Contrary to what Hamas seems to have expected, there has been no reversal of Arab policies towards Israel.

Saturday 05/10/2024

Palestinian children gather at a destroyed vehicle, amid the Israel-Hamas conflict, in Khan Younis in the southern Gaza Strip. REUTERS

GAZA/ BEIRUT –

Palestinians fear the crisis in Lebanon is diverting the world’s attention from Gaza and diminishing already dim prospects for a ceasefire a year into a war that has shattered the enclave.

An escalation in the conflict between Israel and Iran-backed militant group Hezbollah over the past two weeks, including the assassination of the militant group’s chief, Hassan Nasrallah, has led to intensifying clashes between Israeli and Hezbollah forces inside Lebanon and fuelled fears of a wider regional war.

When Iran launched ballistic missiles at Israel late on Tuesday, provoking an Israeli promise of a “painful” response, some Gazans welcomed the salvo visible in the skies overhead as a sign Tehran was fighting for their cause.

Sami Abu Zuhri, a senior Hamas official, said prospects for a Gaza ceasefire deal, which would see the release of Israeli hostages held in Gaza and Palestinians jailed by Israel, were distant before the escalation in Lebanon. A regional conflagration could lead to pressure on Israel to strike a deal in Gaza, he thought.

But with attention swinging to Lebanon, the war in Gaza risked being prolonged, said Ashraf Abouelhoul, managing editor of state-owned newspaper Al-Ahram in Egypt, whose government has helped mediate months of ceasefire negotiations.

“The most dangerous thing isn’t that the media attention is going somewhere else, it is the fact that no one in the world is now talking about a deal or a ceasefire, and that frees Israel’s hand to continue its military offensive and plans in Gaza,” he said.

Inside Gaza there has been no sign of a let-up in Israel’s offensive against Hamas. On Thursday, local medics reported at least 99 Palestinian deaths in the past 24 hours.

Egypt, which has been alarmed by the Israeli offensive on the other side of its border with Gaza and has lost billions of dollars in Suez Canal revenues during the war, is frustrated that its mediation efforts have failed to secure a truce.

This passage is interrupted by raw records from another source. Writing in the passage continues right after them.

-- ===== src/Release/Publish.antt =====
-- `run`: the flow that publishes a version, or proves one that is out. Printing and the outcome file of
-- the workflow are left out.
use onesti_lock.Base.{
  ℕ, Bool, true, false, Result, ok, err, List, [], ◌∷◌, ◌++◌, Option, none, some, not, ◌&&◌, ◌||◌,
  if◌then◌else◌,
}
use onesti_lock.Integration.Services.{same_text}
use onesti_lock.Release.{
  Halt, failure, stop, crash, Candidate, tag, trial_version, Asset, Release, World,
}
use onesti_lock.Release.Zip.{Import, Packed, build_zip}
use onesti_lock.Release.Guards.{
  tag_sha, find_release, require_main_branch, verify_attestation, require_draft_on_candidate,
  should_be_latest, zip_assets, reads_back, arrived, right_zip, draft_on_candidate,
}
use onesti_lock.Release.Published.{Info, Check, check_published}

pub record Draft : Type 0 where
  pub tag_name : List ℕ
  pub target_commitish : List ℕ
  pub name : List ℕ
  pub body : List ℕ
  pub draft : Bool
  pub prerelease : Bool

-- A request that is no GET, as it is sent.
pub data Write : Type 0 where
  create_ref : List ℕ → List ℕ → Write
  create_release : Draft → Write
  upload_asset : ℕ → List ℕ → Write
  publish_release : ℕ → Bool → Write

-- What a part of the flow gives or raises, and the writes that it has sent by then.
pub record Ran (A : Type 0) : Type 0 where
  pub outcome : Result Halt A
  pub writes : List Write

abbrev pub continued : {A : Type 0} {B : Type 0} → List Write → Result Halt A → (A → Ran B) → Ran B
continued writes (ok a) f =
    let x = f a in record { outcome = x.outcome; writes = writes ++ x.writes }
continued writes (err e) f = record { outcome = err e; writes = writes }

infixl 5 ◌>>=◌
abbrev pub ◌>>=◌ : {A : Type 0} {B : Type 0} → Ran A → (A → Ran B) → Ran B
m >>= f = continued m.writes m.outcome f

abbrev pub given : {A : Type 0} → A → Ran A
given a = record { outcome = ok a; writes = [] }

-- What only reads.
abbrev pub read : {A : Type 0} → Result Halt A → Ran A
read r = record { outcome = r; writes = [] }

-- `Gh.api` with another method than GET: a dry run raises before anything is sent.
abbrev pub write : {A : Type 0} → Bool → Write → Result Halt A → Ran A
write true what answer = record { outcome = err failure; writes = [] }
write false what answer = record { outcome = answer; writes = what ∷ [] }

-- How the flow is called; a plan and a check are dry runs.
pub record Options : Type 0 where
  pub zip_path : Option (List ℕ)
  pub plan_only : Bool
  pub require_attestation : Bool
  pub strict : Bool
  pub trial : Bool

pub data Outcome : Type 0 where
  noop planned published : Outcome

-- `except Failure`: the upload may have arrived.
abbrev pub upload_ended : Ran (Unit {0}) → Ran (Unit {0})
upload_ended x = record { outcome = unless_failure x.outcome; writes = x.writes }
  where
    unless_failure : Result Halt (Unit {0}) → Result Halt (Unit {0})
    unless_failure (err failure) = ok tt
    unless_failure o = o

module _ (w : World) (c : Candidate) (dry_run : Bool) where
  abbrev pub tag_ensured : Option (List ℕ) → Ran (Unit {0})
  tag_ensured none =
      if dry_run then given tt else write dry_run (create_ref (tag c) c.sha) w.created_ref
  tag_ensured (some sha) = if same_text sha c.sha then given tt else read (err stop)

  -- `ensure_tag`
  unfoldable pub ensure_tag : Ran (Unit {0})
  unfolding same_text tag_sha
  ensure_tag = read (tag_sha w) >>= tag_ensured

  -- `ensure_draft`; none is the draft that a dry run does not make.
  unfoldable pub ensure_draft : Option Release → List ℕ → Ran (Option Release)
  unfolding same_text
  ensure_draft (some r) body = given (some r)
  ensure_draft none body =
      if dry_run
      then given none
      else (write dry_run
            (create_release record {
              tag_name = tag c;
              target_commitish = c.sha;
              name = tag c;
              body = body;
              draft = true;
              prerelease = same_text c.version trial_version;
            })
            w.created_release
          >>= λ r. given (some r))

  module _ (sha256 : List ℕ → List ℕ) (digest : List ℕ) where
    abbrev pub asset_ensured : ℕ → List ℕ → List Asset → Ran (Unit {0})
    asset_ensured id zip (a ∷ more) = read (reads_back sha256 digest a)
    asset_ensured id zip [] =
        if dry_run
        then given tt
        else (upload_ended (write dry_run (upload_asset id zip) w.uploaded) >>= λ _.
            read w.updated >>= λ updated. read (arrived sha256 digest (zip_assets updated.assets)))

    -- `ensure_asset`
    unfoldable pub ensure_asset : Release → List ℕ → Ran (Unit {0})
    unfolding zip_assets same_text
    ensure_asset r zip = asset_ensured r.id zip (zip_assets r.assets)

unfoldable pub worse : Bool → List Check → Bool
worse strict [] = false
worse strict (x ∷ checks) = not x.ok && (x.blocking || strict) || worse strict checks

module _ (parse : List ℕ → Option (List Import)) (zip : List Packed → List ℕ)
    (sha256 : List ℕ → List ℕ) (infolist : List ℕ → Result Halt (List Info)) (w : World)
    (o : Options) (c : Candidate) where
  -- What is there to upload and to publish; `assert release is not None`.
  abbrev pub draft_made : List ℕ → Option Release → Ran ℕ
  draft_made file none = read (err crash)
  draft_made file (some r) =
      ensure_asset w c o.plan_only sha256 (sha256 file) r file >>= λ _. given r.id

  -- All that goes before the last call: the id of the release that it publishes.
  unfoldable pub prepared : Option Release → List ℕ → List ℕ → Ran ℕ
  unfolding ensure_tag ensure_draft ensure_asset
  prepared r file body =
      ensure_tag w c o.plan_only >>= λ _. ensure_draft w c o.plan_only r body >>= draft_made file

  abbrev pub published_as : Bool → ℕ → Ran Outcome
  published_as latest id =
      write o.plan_only (publish_release id latest) w.published >>= λ _. given published

  abbrev pub decided : Option Release → List ℕ → List ℕ → Bool → Ran Outcome
  decided r file body latest =
      if o.plan_only
      then (ensure_tag w c o.plan_only >>= λ _. given planned)
      else (prepared r file body >>= published_as latest)

  abbrev pub attested_zip : List ℕ → Result Halt (Unit {0})
  attested_zip file =
      if o.require_attestation then verify_attestation w c.sha file (sha256 file) else ok tt

  abbrev pub new_release : Option Release → Ran Outcome
  new_release r = read (require_main_branch w c o.trial) >>= λ _.
      read (draft_on_candidate c r) >>= λ _.
      read (right_zip sha256 o.zip_path (build_zip parse zip w c.sha)) >>= λ file.
      read (attested_zip file) >>= λ _.
      read (w.body (sha256 file)) >>= λ body. read (should_be_latest w c) >>= decided r file body

  abbrev pub proved : List Check → Ran Outcome
  proved checks = if worse o.strict checks then read (err stop) else given noop

  abbrev pub found : Option Release → Ran Outcome
  found none = if o.strict then read (err stop) else new_release none
  found (some r) =
      if r.draft
      then (if o.strict then read (err stop) else new_release (some r))
      else read (check_published parse zip sha256 infolist w c r) >>= proved

  -- `run`
  unfoldable pub run : Ran Outcome
  unfolding find_release require_main_branch require_draft_on_candidate build_zip verify_attestation
      should_be_latest ensure_tag prepared check_published worse same_text
  run = read (find_release w c) >>= found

US State Department spokesman Matthew Miller told reporters that the US remained focused on securing a ceasefire though Hamas had for weeks “refused to engage.”

Hamas officials and Western diplomats said in August that negotiations had stalled due to new Israeli demands to keep troops in Gaza.

“Whereas Israel has been saying since October 7 that military force and putting pressure on Hamas and Hezbollah will help to bring the hostages home we have seen that the exact opposite is true,” said Nomi Bar-Yaacov, an expert on Middle East diplomacy at London-based think-tank Chatham House.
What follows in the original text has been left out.